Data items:
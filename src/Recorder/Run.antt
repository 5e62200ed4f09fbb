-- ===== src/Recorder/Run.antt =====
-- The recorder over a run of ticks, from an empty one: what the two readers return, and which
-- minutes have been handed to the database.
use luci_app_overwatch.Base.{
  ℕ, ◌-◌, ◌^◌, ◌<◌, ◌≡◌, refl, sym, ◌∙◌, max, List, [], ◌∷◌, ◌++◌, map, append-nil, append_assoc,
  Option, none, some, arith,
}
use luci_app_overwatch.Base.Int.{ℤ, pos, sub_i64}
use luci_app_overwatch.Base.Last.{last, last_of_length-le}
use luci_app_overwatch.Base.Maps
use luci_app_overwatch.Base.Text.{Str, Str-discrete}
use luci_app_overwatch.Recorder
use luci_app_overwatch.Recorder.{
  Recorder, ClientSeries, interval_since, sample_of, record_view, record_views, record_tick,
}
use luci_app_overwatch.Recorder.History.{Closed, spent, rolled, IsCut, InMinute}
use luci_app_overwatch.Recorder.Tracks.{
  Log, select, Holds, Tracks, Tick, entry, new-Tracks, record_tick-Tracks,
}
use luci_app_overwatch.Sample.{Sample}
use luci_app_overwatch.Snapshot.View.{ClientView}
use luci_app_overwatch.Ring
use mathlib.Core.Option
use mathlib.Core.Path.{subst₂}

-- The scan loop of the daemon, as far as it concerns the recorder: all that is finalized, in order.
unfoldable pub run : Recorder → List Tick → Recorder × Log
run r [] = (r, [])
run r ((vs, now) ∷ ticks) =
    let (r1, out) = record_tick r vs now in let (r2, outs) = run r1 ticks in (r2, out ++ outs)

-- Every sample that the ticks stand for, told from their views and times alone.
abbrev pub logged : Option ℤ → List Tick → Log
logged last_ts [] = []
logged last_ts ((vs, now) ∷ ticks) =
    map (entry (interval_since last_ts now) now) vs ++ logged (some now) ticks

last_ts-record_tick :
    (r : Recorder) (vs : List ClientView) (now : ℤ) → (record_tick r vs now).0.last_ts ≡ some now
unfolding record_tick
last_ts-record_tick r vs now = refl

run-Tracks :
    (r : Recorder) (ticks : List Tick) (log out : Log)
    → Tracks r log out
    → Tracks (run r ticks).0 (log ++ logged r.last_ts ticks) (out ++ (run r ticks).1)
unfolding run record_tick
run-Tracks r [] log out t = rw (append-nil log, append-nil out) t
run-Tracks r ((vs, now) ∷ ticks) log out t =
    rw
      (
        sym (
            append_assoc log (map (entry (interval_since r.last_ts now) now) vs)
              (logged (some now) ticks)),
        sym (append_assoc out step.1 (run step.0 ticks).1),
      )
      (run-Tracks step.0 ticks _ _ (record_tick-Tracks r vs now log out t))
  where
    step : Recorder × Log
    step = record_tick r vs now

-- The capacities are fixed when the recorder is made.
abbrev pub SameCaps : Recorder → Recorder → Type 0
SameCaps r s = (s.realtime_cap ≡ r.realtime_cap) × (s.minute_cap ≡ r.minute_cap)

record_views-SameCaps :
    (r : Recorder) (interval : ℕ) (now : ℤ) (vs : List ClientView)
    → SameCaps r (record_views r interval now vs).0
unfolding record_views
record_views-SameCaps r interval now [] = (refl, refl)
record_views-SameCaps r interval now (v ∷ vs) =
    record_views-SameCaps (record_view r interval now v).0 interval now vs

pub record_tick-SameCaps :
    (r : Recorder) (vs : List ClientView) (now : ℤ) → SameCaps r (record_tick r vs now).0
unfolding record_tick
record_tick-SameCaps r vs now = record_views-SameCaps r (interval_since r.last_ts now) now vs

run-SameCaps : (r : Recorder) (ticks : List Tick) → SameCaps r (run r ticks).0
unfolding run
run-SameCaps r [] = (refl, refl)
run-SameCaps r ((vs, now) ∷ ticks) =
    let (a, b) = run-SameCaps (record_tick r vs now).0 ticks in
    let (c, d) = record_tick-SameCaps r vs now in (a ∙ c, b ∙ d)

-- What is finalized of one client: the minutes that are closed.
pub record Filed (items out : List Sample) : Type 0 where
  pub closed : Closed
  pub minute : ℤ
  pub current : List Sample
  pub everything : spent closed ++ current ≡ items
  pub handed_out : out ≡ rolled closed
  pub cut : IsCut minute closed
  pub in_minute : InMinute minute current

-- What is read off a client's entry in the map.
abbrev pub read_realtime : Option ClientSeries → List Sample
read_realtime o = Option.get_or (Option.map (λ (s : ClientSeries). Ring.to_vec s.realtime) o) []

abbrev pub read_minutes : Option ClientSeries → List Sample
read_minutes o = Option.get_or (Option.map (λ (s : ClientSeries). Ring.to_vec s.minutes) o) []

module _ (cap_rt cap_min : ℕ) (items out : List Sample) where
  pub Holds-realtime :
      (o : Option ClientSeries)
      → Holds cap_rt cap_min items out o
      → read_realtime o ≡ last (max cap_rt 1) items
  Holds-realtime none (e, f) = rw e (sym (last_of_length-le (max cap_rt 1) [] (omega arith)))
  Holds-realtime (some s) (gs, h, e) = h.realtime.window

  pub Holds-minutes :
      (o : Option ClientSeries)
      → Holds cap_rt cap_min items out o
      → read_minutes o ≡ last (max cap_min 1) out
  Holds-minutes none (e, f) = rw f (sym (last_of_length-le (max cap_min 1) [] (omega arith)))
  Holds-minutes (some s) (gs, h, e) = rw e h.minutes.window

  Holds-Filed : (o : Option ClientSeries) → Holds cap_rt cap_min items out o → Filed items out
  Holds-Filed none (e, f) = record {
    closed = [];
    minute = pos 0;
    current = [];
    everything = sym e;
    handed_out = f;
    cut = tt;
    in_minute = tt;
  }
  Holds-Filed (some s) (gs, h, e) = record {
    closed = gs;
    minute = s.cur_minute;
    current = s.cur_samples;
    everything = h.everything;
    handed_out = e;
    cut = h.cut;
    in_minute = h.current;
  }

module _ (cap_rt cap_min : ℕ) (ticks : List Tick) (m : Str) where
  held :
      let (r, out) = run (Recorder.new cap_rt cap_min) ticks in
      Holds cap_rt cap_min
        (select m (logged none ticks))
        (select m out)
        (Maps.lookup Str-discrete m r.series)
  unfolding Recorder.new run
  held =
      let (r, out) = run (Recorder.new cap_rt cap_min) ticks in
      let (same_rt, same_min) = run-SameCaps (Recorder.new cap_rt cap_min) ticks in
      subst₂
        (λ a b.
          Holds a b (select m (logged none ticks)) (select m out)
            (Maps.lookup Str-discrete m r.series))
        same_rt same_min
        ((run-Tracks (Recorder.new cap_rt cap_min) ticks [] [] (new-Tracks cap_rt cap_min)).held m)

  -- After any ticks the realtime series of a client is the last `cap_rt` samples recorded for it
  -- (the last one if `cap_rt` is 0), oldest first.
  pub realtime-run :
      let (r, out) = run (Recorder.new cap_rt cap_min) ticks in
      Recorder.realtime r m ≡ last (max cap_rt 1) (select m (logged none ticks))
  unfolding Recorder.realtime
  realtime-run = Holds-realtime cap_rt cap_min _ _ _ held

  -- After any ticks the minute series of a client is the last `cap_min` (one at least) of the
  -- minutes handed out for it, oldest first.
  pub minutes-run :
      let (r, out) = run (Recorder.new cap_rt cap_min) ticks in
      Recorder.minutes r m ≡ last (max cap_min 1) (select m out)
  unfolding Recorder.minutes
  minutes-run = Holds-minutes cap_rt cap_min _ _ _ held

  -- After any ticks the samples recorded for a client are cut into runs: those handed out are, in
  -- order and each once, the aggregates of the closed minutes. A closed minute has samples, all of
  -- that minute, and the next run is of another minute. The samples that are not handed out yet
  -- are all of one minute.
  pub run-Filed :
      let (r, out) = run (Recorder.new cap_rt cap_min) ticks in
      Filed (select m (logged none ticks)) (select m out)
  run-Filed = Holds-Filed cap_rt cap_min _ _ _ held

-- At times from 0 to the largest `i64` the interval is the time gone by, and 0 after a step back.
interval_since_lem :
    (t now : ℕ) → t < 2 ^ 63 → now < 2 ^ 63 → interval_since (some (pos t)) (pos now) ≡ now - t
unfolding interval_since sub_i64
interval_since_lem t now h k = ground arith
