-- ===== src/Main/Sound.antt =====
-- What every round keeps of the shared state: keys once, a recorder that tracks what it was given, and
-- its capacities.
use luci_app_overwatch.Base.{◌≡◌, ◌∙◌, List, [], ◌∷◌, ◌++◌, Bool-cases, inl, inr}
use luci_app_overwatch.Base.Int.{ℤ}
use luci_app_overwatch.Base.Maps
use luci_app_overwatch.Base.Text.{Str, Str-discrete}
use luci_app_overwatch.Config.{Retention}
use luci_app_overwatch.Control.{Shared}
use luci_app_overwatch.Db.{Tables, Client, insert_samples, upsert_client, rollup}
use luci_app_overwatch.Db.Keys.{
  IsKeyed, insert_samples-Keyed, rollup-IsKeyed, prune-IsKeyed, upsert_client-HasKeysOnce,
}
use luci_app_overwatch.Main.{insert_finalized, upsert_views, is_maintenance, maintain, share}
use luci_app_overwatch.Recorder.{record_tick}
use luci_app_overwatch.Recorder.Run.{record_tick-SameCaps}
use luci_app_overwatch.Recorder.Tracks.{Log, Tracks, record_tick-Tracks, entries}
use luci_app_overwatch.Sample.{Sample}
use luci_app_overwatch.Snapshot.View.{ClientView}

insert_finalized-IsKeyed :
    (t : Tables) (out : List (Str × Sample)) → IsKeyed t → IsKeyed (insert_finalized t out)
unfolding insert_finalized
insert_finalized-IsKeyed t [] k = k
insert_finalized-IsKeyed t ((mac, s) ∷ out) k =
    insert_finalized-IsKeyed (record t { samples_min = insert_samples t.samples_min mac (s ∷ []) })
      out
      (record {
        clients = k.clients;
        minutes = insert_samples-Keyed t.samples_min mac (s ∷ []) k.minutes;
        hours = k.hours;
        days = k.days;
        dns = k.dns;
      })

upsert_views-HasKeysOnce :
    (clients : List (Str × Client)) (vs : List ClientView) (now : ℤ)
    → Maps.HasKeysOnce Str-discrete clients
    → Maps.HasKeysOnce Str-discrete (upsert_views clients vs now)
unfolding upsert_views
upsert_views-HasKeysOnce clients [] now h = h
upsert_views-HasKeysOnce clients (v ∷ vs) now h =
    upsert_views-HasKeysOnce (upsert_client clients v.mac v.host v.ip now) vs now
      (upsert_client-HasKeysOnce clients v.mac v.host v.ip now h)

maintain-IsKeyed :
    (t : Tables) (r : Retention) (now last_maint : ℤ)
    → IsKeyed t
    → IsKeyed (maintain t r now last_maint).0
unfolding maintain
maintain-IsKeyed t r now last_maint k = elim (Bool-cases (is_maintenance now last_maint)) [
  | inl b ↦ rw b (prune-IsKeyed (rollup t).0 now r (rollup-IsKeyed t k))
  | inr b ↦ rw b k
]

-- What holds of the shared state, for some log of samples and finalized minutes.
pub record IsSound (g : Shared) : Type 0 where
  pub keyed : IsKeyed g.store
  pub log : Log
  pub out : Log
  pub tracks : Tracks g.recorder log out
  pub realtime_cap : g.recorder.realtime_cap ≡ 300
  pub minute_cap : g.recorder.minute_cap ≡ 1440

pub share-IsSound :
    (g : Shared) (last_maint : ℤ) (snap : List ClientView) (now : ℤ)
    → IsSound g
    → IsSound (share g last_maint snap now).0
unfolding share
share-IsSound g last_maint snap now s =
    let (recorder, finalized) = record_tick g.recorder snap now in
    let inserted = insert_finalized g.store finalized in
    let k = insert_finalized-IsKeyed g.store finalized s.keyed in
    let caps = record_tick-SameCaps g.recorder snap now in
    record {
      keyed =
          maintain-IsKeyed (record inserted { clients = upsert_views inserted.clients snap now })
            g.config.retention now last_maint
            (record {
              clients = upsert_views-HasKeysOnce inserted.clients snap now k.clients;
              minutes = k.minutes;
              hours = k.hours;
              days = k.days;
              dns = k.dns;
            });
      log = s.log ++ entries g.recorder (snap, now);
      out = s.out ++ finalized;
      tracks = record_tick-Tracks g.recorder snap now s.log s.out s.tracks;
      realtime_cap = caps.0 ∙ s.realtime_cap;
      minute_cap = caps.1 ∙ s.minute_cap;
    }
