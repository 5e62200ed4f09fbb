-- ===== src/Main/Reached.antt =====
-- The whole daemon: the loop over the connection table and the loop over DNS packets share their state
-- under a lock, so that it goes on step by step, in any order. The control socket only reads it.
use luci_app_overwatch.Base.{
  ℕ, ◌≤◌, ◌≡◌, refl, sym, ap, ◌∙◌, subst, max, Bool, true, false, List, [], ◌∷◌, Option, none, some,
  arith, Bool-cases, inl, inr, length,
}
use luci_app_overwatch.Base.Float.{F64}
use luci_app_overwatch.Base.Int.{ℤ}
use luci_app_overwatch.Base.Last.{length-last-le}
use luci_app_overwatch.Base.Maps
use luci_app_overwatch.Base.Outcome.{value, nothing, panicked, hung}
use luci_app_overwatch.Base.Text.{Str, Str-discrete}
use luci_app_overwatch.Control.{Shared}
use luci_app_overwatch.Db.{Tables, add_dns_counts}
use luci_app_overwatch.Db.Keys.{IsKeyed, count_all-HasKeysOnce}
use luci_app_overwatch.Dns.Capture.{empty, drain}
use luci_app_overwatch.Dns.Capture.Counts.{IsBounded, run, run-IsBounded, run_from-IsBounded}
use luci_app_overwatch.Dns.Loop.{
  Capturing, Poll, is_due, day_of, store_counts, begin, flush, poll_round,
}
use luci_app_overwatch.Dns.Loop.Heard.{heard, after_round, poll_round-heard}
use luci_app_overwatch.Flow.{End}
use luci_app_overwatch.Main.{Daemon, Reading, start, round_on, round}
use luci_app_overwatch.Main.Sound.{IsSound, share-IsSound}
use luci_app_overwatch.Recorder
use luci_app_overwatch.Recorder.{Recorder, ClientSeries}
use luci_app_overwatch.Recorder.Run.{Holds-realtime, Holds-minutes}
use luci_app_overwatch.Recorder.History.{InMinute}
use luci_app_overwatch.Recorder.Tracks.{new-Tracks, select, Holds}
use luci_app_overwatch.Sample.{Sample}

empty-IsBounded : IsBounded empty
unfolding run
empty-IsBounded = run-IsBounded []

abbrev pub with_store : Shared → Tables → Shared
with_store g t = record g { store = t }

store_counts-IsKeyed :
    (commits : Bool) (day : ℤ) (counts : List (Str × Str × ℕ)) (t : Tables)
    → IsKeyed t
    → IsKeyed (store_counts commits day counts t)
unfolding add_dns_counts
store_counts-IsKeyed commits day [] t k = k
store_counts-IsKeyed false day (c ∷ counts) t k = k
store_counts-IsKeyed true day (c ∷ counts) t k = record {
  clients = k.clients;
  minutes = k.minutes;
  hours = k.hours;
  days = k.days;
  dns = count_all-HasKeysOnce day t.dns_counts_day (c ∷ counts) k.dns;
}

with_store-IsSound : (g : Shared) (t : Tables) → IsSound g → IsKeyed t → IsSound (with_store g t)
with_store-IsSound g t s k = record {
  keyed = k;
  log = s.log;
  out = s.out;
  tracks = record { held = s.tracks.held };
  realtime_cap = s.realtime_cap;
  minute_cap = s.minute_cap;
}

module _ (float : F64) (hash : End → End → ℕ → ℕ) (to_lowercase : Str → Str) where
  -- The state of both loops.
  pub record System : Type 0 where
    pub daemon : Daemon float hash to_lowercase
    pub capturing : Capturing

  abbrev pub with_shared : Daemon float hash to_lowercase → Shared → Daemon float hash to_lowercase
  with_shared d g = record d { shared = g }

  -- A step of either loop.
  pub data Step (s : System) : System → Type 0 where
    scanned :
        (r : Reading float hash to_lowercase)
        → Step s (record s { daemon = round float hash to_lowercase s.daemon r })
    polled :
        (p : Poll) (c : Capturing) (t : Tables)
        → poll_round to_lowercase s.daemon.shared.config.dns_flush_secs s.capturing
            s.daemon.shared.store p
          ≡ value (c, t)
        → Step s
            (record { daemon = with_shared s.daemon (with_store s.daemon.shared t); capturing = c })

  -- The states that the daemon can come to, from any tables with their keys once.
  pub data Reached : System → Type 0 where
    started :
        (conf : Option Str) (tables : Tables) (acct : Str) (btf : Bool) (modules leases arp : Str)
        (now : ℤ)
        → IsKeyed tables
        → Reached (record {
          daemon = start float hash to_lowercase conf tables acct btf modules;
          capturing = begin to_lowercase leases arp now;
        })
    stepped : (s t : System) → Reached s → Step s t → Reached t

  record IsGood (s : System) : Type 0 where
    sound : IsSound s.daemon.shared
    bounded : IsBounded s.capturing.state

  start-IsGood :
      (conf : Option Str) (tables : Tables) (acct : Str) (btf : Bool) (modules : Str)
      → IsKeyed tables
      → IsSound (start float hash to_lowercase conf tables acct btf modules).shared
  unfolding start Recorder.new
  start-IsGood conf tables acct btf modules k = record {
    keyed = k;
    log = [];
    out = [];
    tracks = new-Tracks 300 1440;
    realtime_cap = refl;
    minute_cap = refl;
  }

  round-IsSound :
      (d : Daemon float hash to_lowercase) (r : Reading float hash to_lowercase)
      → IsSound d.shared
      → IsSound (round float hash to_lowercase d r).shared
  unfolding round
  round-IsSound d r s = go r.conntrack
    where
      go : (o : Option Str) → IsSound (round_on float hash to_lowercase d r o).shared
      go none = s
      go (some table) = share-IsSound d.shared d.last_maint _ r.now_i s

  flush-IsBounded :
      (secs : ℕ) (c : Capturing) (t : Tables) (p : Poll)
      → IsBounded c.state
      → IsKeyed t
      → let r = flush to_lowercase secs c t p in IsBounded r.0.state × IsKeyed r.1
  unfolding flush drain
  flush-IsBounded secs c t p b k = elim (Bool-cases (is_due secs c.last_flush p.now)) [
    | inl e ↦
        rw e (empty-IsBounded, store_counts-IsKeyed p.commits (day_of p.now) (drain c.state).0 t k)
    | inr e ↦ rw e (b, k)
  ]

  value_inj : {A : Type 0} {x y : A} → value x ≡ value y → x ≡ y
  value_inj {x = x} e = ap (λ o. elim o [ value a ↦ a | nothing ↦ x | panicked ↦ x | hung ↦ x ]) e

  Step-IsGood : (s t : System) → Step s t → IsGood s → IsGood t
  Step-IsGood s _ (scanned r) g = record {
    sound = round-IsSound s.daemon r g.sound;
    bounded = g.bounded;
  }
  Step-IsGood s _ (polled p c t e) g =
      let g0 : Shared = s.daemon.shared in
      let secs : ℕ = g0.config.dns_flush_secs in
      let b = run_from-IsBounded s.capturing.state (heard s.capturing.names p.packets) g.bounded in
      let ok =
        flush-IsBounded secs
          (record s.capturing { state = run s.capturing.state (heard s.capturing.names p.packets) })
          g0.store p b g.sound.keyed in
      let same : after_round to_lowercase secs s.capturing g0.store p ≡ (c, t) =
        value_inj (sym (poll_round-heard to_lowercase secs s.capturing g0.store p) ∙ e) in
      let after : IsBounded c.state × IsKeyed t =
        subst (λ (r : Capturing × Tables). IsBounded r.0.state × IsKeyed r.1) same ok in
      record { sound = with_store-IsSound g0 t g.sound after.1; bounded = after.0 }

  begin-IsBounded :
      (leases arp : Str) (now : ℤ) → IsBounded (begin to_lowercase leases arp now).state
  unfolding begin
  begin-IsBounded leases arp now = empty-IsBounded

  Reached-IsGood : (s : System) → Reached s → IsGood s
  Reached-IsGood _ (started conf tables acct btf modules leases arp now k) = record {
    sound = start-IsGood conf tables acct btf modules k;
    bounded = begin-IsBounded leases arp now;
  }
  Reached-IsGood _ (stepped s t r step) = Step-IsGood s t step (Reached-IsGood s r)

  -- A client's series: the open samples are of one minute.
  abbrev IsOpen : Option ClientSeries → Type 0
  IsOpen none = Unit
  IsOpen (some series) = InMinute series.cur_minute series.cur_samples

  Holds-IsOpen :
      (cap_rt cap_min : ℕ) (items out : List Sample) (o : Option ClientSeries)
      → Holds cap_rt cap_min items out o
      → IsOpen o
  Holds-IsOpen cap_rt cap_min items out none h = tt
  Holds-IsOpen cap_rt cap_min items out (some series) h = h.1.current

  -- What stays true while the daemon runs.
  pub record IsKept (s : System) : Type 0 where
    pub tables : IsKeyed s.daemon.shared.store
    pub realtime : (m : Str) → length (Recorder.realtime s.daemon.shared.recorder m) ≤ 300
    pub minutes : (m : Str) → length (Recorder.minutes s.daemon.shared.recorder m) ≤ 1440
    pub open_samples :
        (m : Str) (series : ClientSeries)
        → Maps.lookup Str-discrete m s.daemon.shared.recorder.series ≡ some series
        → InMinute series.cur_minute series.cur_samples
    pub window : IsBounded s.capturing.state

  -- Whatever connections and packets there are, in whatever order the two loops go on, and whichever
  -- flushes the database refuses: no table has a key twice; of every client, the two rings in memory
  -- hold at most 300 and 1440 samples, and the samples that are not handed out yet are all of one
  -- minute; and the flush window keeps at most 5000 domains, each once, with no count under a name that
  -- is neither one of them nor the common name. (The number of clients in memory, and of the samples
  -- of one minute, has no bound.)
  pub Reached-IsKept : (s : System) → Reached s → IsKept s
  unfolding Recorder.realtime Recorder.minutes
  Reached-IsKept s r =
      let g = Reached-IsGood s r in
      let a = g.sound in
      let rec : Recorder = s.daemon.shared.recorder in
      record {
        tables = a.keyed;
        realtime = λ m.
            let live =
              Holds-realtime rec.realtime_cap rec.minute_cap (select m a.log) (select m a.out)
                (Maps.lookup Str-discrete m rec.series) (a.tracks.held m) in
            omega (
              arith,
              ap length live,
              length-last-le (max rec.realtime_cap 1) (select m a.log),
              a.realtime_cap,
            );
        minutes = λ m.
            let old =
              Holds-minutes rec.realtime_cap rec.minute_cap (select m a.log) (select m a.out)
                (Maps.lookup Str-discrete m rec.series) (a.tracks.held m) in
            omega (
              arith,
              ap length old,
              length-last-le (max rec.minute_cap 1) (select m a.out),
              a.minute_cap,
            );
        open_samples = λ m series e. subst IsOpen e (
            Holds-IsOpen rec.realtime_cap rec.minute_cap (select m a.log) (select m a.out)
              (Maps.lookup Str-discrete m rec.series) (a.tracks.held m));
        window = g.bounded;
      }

AIM OF THE TASK -> Where does the word "true" occur in the records? Return every line that holds it.

SOLUTION TO THIS EXERCISE ->
  ℕ, ◌≤◌, ◌≡◌, refl, sym, ap, ◌∙◌, subst, max, Bool, true, false, List, [], ◌∷◌, Option, none, some,
store_counts-IsKeyed true day (c ∷ counts) t k = record {
  -- What stays true while the daemon runs.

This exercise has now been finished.